Each week, financial adviser and international best-selling author Noel Whittaker answers your questions. firstname.lastname@example.org
I turn 57 in November, work part time, and need to set up a transition-to-retirement pension (TTR). My income is quite low, so tax on the TTR is important and I need to calculate cash in hand. I don't know how the 15 per cent tax offset is calculated. Could you give me examples?
The taxable component of your pension income from your fund will be taxed at your marginal rate less a rebate of 15 per cent. For example, if you earned $38,000 a year and received $20,000 in taxable pension payments, the pension would be taxed at 32.5 per cent but the rebate of 15 per cent would reduce this to 17.5 per cent and tax payable on the transition to retirement pension would be $3500. Your adviser will be able to do exact figures for you.
I am 60 and about to retire with a defined benefit pension through the government. My wife, 57, will continue to work full time until the end of 2013 when she will retire. How can we minimise tax on interest from existing investments in term deposits, which are in both our names?
To minimise tax on the interest, hold the investments in the name of the lowest income earner if there is a difference in tax brackets. If you are both in the same tax bracket, then it doesn't matter whose name they are in. Just keep in mind that your defined benefit will have a taxable component even though it does enjoy a 10 per cent tax offset when age 60 is reached.
I'm 39, earning $100,000 a year. My wife is expecting our first child this year and has been unemployed for the past 12 months. She is 41. We have a $75,000 mortgage but no other debts. I salary sacrifice $420 a month into super, and my wife is going to put $50 monthly into her super to keep the account active and take advantage of the government co-contribution scheme. With the imminent new arrival in our lives, should we be making changes to what we do with our money?

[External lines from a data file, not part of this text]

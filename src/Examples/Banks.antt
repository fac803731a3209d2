-- ===== src/Examples/Banks.antt =====
-- The theorem on the executor at a concrete input.
use mem_sim.Base.{◌≡◌, refl, false, some, if◌then◌else◌, replicate}
use mem_sim.Dram.Kinds.{RequestType, rd, preab}
use mem_sim.Dram.Address.{flat_bank}
use mem_sim.Controller.Executor.{Request, CommandExecutor}
use mem_sim.Controller.Executor.Issue.{issue}
use mem_sim.Controller.Executor.Moves.{initial_bank, state_at, next_state, is_for}
use mem_sim.Controller.Executor.Protocol.{issue-state}
use mem_sim.Examples.{
  small_org, small_spec, small-IsPositive, no_stats, somewhere, neighbour, somewhere-InRange,
  neighbour-InRange,
}
use mem_sim.Examples.Gates.{engine}

-- All banks open, at row 9.
abbrev pub executor : CommandExecutor
executor = record {
  banks = replicate 64 (record initial_bank { open_row = some 9 });
  timing_engine = engine;
  rfm_manager = record {
    act_count_since_rfm = replicate 64 0;
    rfm_pending_bank = replicate 64 false;
    rfm_pending_all_bank = replicate 8 false;
  };
  stats = no_stats;
}

abbrev request : Request
request = record {
  type = RequestType.read;
  next = rd;
  arrival = 0;
  decoded = somewhere;
  issued_first_activate = false;
  cas_sync_issued = false;
}

issue-state_example :
    state_at
      (issue small_spec request preab 20 executor).executor.banks
      (flat_bank small_org neighbour)
    ≡ (if is_for small_org preab somewhere neighbour
        then next_state preab (state_at executor.banks (flat_bank small_org neighbour))
        else state_at executor.banks (flat_bank small_org neighbour))
issue-state_example =
    issue-state small_spec small-IsPositive request 20 executor somewhere-InRange refl preab
      neighbour neighbour-InRange
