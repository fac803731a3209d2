-- ===== src/Examples/Guards.antt =====
-- The theorems on the controller's tests at concrete inputs.
use mem_sim.Base.{
  ℕ, ◌≡◌, refl, ◌≢◌, true, false, none, some, [], ◌∷◌, arith, ltb, get_or, set, replicate, any_in,
}
use mem_sim.Controller.Timing.Scope.{scope_count, scope_index}
use mem_sim.Controller.Timing.Engine.{row_state, wck_state, scope_state, scope_vector}
use mem_sim.Controller.Timing.Window
use mem_sim.Controller.Timing.Constraints.{
  constraint_ready, all_ready, skips, contains, both_banks, is_bank_scope, pair_of, refdb_state,
  gate,
}
use mem_sim.Controller.Executor.{rank_bank_range}
use mem_sim.Controller.Executor.Moves.{protocol_state}
use mem_sim.Dram.Semantics.{lpddr_refdb_partner, read_command_for, command_meta}
use mem_sim.Dram.State.{check_command, opened}
use mem_sim.Controller.Guards.{
  is_maintenance_request, any_bank_busy_in_rank, any_bank_busy_in_channel, is_busy,
  wck_ready_for_data,
}
use mem_sim.Controller.Guards.Ready.{constraint_timing_ok, gates_ok, channel_idle_ready}
use mem_sim.Controller.Guards.Next.{next_command}
use mem_sim.Controller.Guards.Bus.{
  bank_key, bus_matches, can_issue_falling_edge_pre, is_rising_edge, record_rising_row_command,
  would_close_active, is_all_bank_row_command,
}
use mem_sim.Controller.Guards.Consistent.{
  Reachable, started, issued, IsConsistent, Reachable-IsConsistent,
}
use mem_sim.Controller.Guards.Proposal.{next_command-state_ok}
use mem_sim.Controller.Guards.Progress.{commands_of, commands_of_ends}
use mem_sim.Controller.Guards.Kept.{paired_falling_edge, would_close_active-issue}
use mem_sim.Dram.Kinds.{RequestType, Command, BusClass, open_page}
use mem_sim.Dram.Address.{DecodedAddress, flat_bank, InRange, SameBank}
use mem_sim.Controller.Executor.{Request}
use mem_sim.Controller.Executor.Issue.{issue}
use mem_sim.Controller.Executor.Moves.{initial_bank, state_at}
use mem_sim.Controller.Queues.{RequestQueueKind}
use mem_sim.Controller.Guards.{Controller, RisingEdgeCommandInfo}
use mem_sim.Controller.Guards.Coordinates.{decoded_from_flat_bank, decoded_from_flat_bank-inverse}
use mem_sim.Controller.Guards.Snapshot.{state_ok, snapshot}
use mem_sim.Controller.Guards.Ready.{timing_ok}
use mem_sim.Controller.Guards.Idle.{RankIdle, ChannelIdle, rank_refresh_idle, channel_command_idle}
use mem_sim.Dram.State.{check_command_state}
use mem_sim.Examples.{
  small_org, small_spec, small-IsPositive, somewhere, neighbour, somewhere-InRange,
  neighbour-InRange,
}
use mem_sim.Examples.Banks.{executor}

abbrev quiet_edge : RisingEdgeCommandInfo
quiet_edge = record {
  command = Command.nop;
  pseudo_channel = none;
  bank_key = none;
  next_pairing_falling_edge = 0;
}

-- All banks closed.
abbrev pub idle : Controller
idle = record {
  executor = record executor { banks = replicate 64 initial_bank };
  active_counts = replicate 64 0;
  clk = 21;
  rising_edge = quiet_edge;
  low_power_active = false;
  explicit_power_down_active = false;
  explicit_self_refresh_active = false;
  wck_retrain_required = false;
}

abbrev pub asks : RequestType → Command → Request
asks type next = record {
  type = type;
  decoded = somewhere;
  next = next;
  arrival = 0;
  issued_first_activate = false;
  cas_sync_issued = false;
}

decoded_from_flat_bank-inverse_example :
    ((n : ℕ) → flat_bank small_org (decoded_from_flat_bank small_org n) ≡ n)
    × ((d : DecodedAddress)
        → InRange small_org d
        → SameBank (decoded_from_flat_bank small_org (flat_bank small_org d)) d)
decoded_from_flat_bank-inverse_example = decoded_from_flat_bank-inverse small_org small-IsPositive

ready_cases :
    (timing_ok small_spec idle (asks RequestType.maintenance Command.refab) Command.refab ≡ true)
    × (timing_ok small_spec idle (asks RequestType.maintenance Command.mrw) Command.mrw ≡ true)
unfolding timing_ok state_ok check_command_state snapshot is_maintenance_request
    any_bank_busy_in_rank any_in rank_bank_range is_busy constraint_timing_ok constraint_ready
    all_ready skips contains gates_ok row_state scope_index protocol_state channel_idle_ready
    any_bank_busy_in_channel wck_ready_for_data both_banks is_bank_scope pair_of refdb_state gate
    scope_state scope_vector flat_bank lpddr_refdb_partner check_command Window.wck_ready_for_data
    wck_state scope_count
ready_cases = (refl, refl)

rank_refresh_idle_example : RankIdle small_spec idle somewhere
rank_refresh_idle_example =
    rank_refresh_idle small_spec small-IsPositive idle (asks RequestType.maintenance Command.refab)
      somewhere-InRange refl Command.refab refl ready_cases.0

channel_command_idle_example : ChannelIdle small_spec idle somewhere
channel_command_idle_example =
    channel_command_idle small_spec small-IsPositive idle (asks RequestType.maintenance Command.mrw)
      somewhere-InRange refl Command.mrw refl ready_cases.1

abbrev reader : Request
reader = asks RequestType.read Command.nop

ordinary_reader : is_maintenance_request reader ≡ false
unfolding is_maintenance_request
ordinary_reader = refl

act_legal : state_ok small_spec idle reader Command.act ≡ true
unfolding state_ok snapshot check_command_state protocol_state flat_bank
act_legal = refl

idle-Reachable : Reachable small_spec idle.executor.banks
idle-Reachable = started 64

Reachable-IsConsistent_example :
    IsConsistent small_spec
      (get_or (issue small_spec reader Command.act 21 idle.executor).executor.banks 3 initial_bank)
Reachable-IsConsistent_example =
    Reachable-IsConsistent small_spec _ 3 (issued idle reader Command.act idle-Reachable act_legal)

wants_act : next_command small_spec open_page idle reader ≡ some Command.act
unfolding next_command is_maintenance_request flat_bank
wants_act = refl

next_command-state_ok_example : state_ok small_spec idle reader Command.act ≡ true
next_command-state_ok_example =
    next_command-state_ok small_spec open_page idle reader Command.act idle-Reachable refl refl
      (λ e. cc) (ground (arith, ordinary_reader)) wants_act

commands_of_ends_example :
    commands_of small_spec open_page (4 ∷ 2 ∷ 7 ∷ []) idle reader ≡ Command.act ∷ Command.rd ∷ []
unfolding read_command_for flat_bank
commands_of_ends_example =
    commands_of_ends small_spec open_page reader ordinary_reader refl refl idle 4 2 7 idle-Reachable
      (omega arith)

-- All banks open at row 9, and one of them has an active request.
abbrev busy : Controller
busy = record idle {
  executor = executor;
  active_counts = set (replicate 64 0) (flat_bank small_org neighbour) 1;
}

prepb_spares :
    (state_ok small_spec busy reader Command.prepb ≡ true)
    × (would_close_active small_spec busy reader Command.prepb RequestQueueKind.read ≡ false)
    × (ltb 0 (get_or busy.active_counts (flat_bank small_org neighbour) 0) ≡ true)
    × (state_at busy.executor.banks (flat_bank small_org neighbour) ≡ opened)
unfolding state_ok snapshot check_command_state protocol_state would_close_active flat_bank
    is_all_bank_row_command command_meta
prepb_spares = (refl, refl, refl, refl)

would_close_active-issue_example :
    state_at
      (issue small_spec reader Command.prepb 21 executor).executor.banks
      (flat_bank small_org neighbour)
    ≡ opened
unfolding flat_bank
would_close_active-issue_example =
    would_close_active-issue small_spec small-IsPositive busy reader somewhere-InRange refl refl
      Command.prepb neighbour RequestQueueKind.read neighbour-InRange refl refl prepb_spares.0
      prepb_spares.1 prepb_spares.2 prepb_spares.3

-- An activation at cycle 21, and a precharge of another bank at the falling edge that it is paired to.
abbrev paired : Controller
paired = record (record_rising_row_command small_spec reader Command.act idle) { clk = 24 }

abbrev closer : Request
closer = record reader { decoded = neighbour }

paired_cases :
    (is_rising_edge idle ≡ true)
    × (paired.clk ≡ paired.rising_edge.next_pairing_falling_edge)
    × (bus_matches small_spec paired closer Command.prepb BusClass.row ≡ true)
unfolding is_rising_edge record_rising_row_command bus_matches can_issue_falling_edge_pre
    is_all_bank_row_command command_meta bank_key
paired_cases = (refl, refl, refl)

paired_falling_edge_example :
    (Command.prepb ≡ Command.prepb)
    × (is_all_bank_row_command Command.act ≡ false)
    × (bank_key small_spec neighbour ≢ bank_key small_spec somewhere)
paired_falling_edge_example =
    paired_falling_edge small_spec idle paired reader closer Command.act Command.prepb refl refl
      paired_cases.0 refl paired_cases.1 refl paired_cases.2
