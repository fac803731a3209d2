-- ===== src/Examples/Arbiter.antt =====
-- The theorem on the choice of a command at a concrete input.
use mem_sim.Base.{◌≡◌, refl, true, false, some, [], ◌∷◌, ltb, ok, any_in}
use mem_sim.Dram.Kinds.{RequestType, Command, BusClass, frfcfs, open_page}
use mem_sim.Dram.Address.{flat_bank}
use mem_sim.Dram.Semantics.{command_meta, lpddr_refdb_partner}
use mem_sim.Dram.State.{check_command_state, check_command}
use mem_sim.Controller.Scheduler.{select_scheduled_request, scan, visit}
use mem_sim.Controller.Timing.Scope.{scope_count, scope_index}
use mem_sim.Controller.Timing.Engine.{
  row_state, wck_state, bank_group_state, scope_state, scope_vector,
}
use mem_sim.Controller.Timing.Window
use mem_sim.Controller.Timing.Constraints.{
  constraint_ready, all_ready, skips, contains, both_banks, is_bank_scope, pair_of, refdb_state,
  gate,
}
use mem_sim.Controller.Executor.{rank_bank_range}
use mem_sim.Controller.Executor.Moves.{protocol_state}
use mem_sim.Controller.Guards.{
  is_maintenance_request, any_bank_busy_in_channel, is_busy, wck_ready_for_data,
}
use mem_sim.Controller.Guards.Snapshot.{state_ok, snapshot}
use mem_sim.Controller.Guards.Ready.{timing_ok, constraint_timing_ok, gates_ok, activate_ready}
use mem_sim.Controller.Guards.Next.{next_command}
use mem_sim.Controller.Guards.Bus.{would_close_active, bus_matches, is_rising_edge, is_row_command}
use mem_sim.Controller.Arbiter.{
  request_buffer, view, views, candidate_eligible, phy_admission_ok, is_data_command,
  pick_best_ready_from,
}
use mem_sim.Controller.Arbiter.Choose.{
  pick_urgent_act2, pick_priority_if, head_of, retire_satisfied, pick_rw_if, set_write_mode,
  any_dependency,
}
use mem_sim.Controller.Queues.{RequestQueueKind}
use mem_sim.Controller.Arbiter.{Surroundings, Arbiter, Candidate}
use mem_sim.Controller.Arbiter.Choose.{choose}
use mem_sim.Controller.Arbiter.Issuable.{IsIssuable}
use mem_sim.Controller.Arbiter.Picks.{choose-IsIssuable}
use mem_sim.Examples.{small_spec}
use mem_sim.Examples.Guards.{idle, asks}

-- No PHY, no overlaps, and reads only.
abbrev env : Surroundings
env = record {
  scheduler = frfcfs;
  row_policy = open_page;
  has_phy = false;
  behavioral = false;
  can_accept_command = λ cmd. true;
  can_accept_data = λ cmd. true;
  unresolved_overlapping_write = λ req. false;
  unresolved_overlapping_read = λ req. false;
  above_high = λ n. ltb 4 n;
  below_low = λ n. ltb n 2;
}

abbrev one_read : Arbiter
one_read = record {
  controller = idle;
  active_queue = [];
  priority_queue = [];
  read_queue = asks RequestType.read Command.nop ∷ [];
  write_queue = [];
  row_policy = record { cap = 4; column_accesses = []; precharge_pending = [] };
  write_mode = false;
}

abbrev activation : Candidate
activation = record {
  index = 0;
  buffer = RequestQueueKind.read;
  command = Command.act;
  bus = BusClass.row;
}

activation_chosen : choose small_spec env one_read BusClass.row ≡ ok (one_read, some activation)
unfolding choose pick_urgent_act2 pick_priority_if head_of retire_satisfied pick_rw_if
    set_write_mode pick_best_ready_from select_scheduled_request scan visit views request_buffer
    next_command is_maintenance_request flat_bank view candidate_eligible bus_matches is_rising_edge
    is_row_command command_meta would_close_active phy_admission_ok timing_ok state_ok snapshot
    check_command_state check_command protocol_state any_bank_busy_in_channel any_in is_busy
    wck_ready_for_data Window.wck_ready_for_data constraint_timing_ok constraint_ready all_ready
    skips contains both_banks is_bank_scope pair_of refdb_state gate scope_state scope_vector
    scope_index scope_count gates_ok activate_ready row_state bank_group_state Window.faw_ready
    Window.recent wck_state lpddr_refdb_partner rank_bank_range any_dependency is_data_command
activation_chosen = refl

choose-IsIssuable_example : IsIssuable small_spec env one_read BusClass.row activation
choose-IsIssuable_example =
    choose-IsIssuable small_spec env BusClass.row one_read one_read activation activation_chosen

Salary sacrifice is an effective strategy to reduce tax and build your superannuation for retirement, but this is the perfect time to be forming a relationship with an adviser. The purpose of this will be to reprioritise your goals and look at strategies to invest more money outside the super system. An option is to speed up repayments on your loan, and also look at conservative borrowing for quality share-based investments. Remember, the cost of raising children will come a lot sooner than access to your super.
I am 53, born early 1960, so can access my super at 55 if I "genuinely retire". I work part time but can't find the criteria for "being retired". Is it based on the number of hours worked as I don't wish to stop working completely?
The onus is on you to convince the trustee of your fund that you have retired - this is usually done by your signing a statement. However, once you have retired, you may well find that you are tired of doing nothing and can then return to the workforce. There needs to be a break between the date you state you are retiring, and the date that you resume duties. The other option is a transition to retirement pension.
You have often suggested 10-year tax effective bonds as the best savings for children and grandchildren. Could you advise which financial institutions deal in these bonds?
They are issued by most major fund managers. I suggest you talk to a good adviser who can help you decide what asset mix within the bond suits your goals and risk profile.
My husband and I have $50,000 remaining on our mortgage of a property worth $900,000. We have a negatively geared investment property worth $380,000 with a mortgage of $170,000. We are in our mid-40s with two young children, and only my husband is working. I am keen to upgrade and buy another house for about $1.4 million, but we have not been able to sell our house. Would it make sense to rent out our house for $850 a week, sell the other investment property and get a loan for a new house?
The problem with renting out your house is that you will be paying tax on the rents, and it's almost a certainty that its value will drop by 10 per cent when you take your furniture and other possessions out, and the tenants move in. You will also have the problem of maintaining the lawn and gardens. I believe a better option would be to drop the price and get rid of it. You would then be in a better position to strike a hard bargain with the seller of your new house.
With decades on your side, aim high
I am 18, with $700 in my super fund. What should I do with my super to ensure I have lots of money by the time I retire in 40-odd years? My super gives the option of investing in bonds, shares, cash or a combination.
With more than 50 years of investing ahead of you, you should be going for growth. I would go for the high-growth option, which would give you a diversified portfolio of Australian and international shares and property.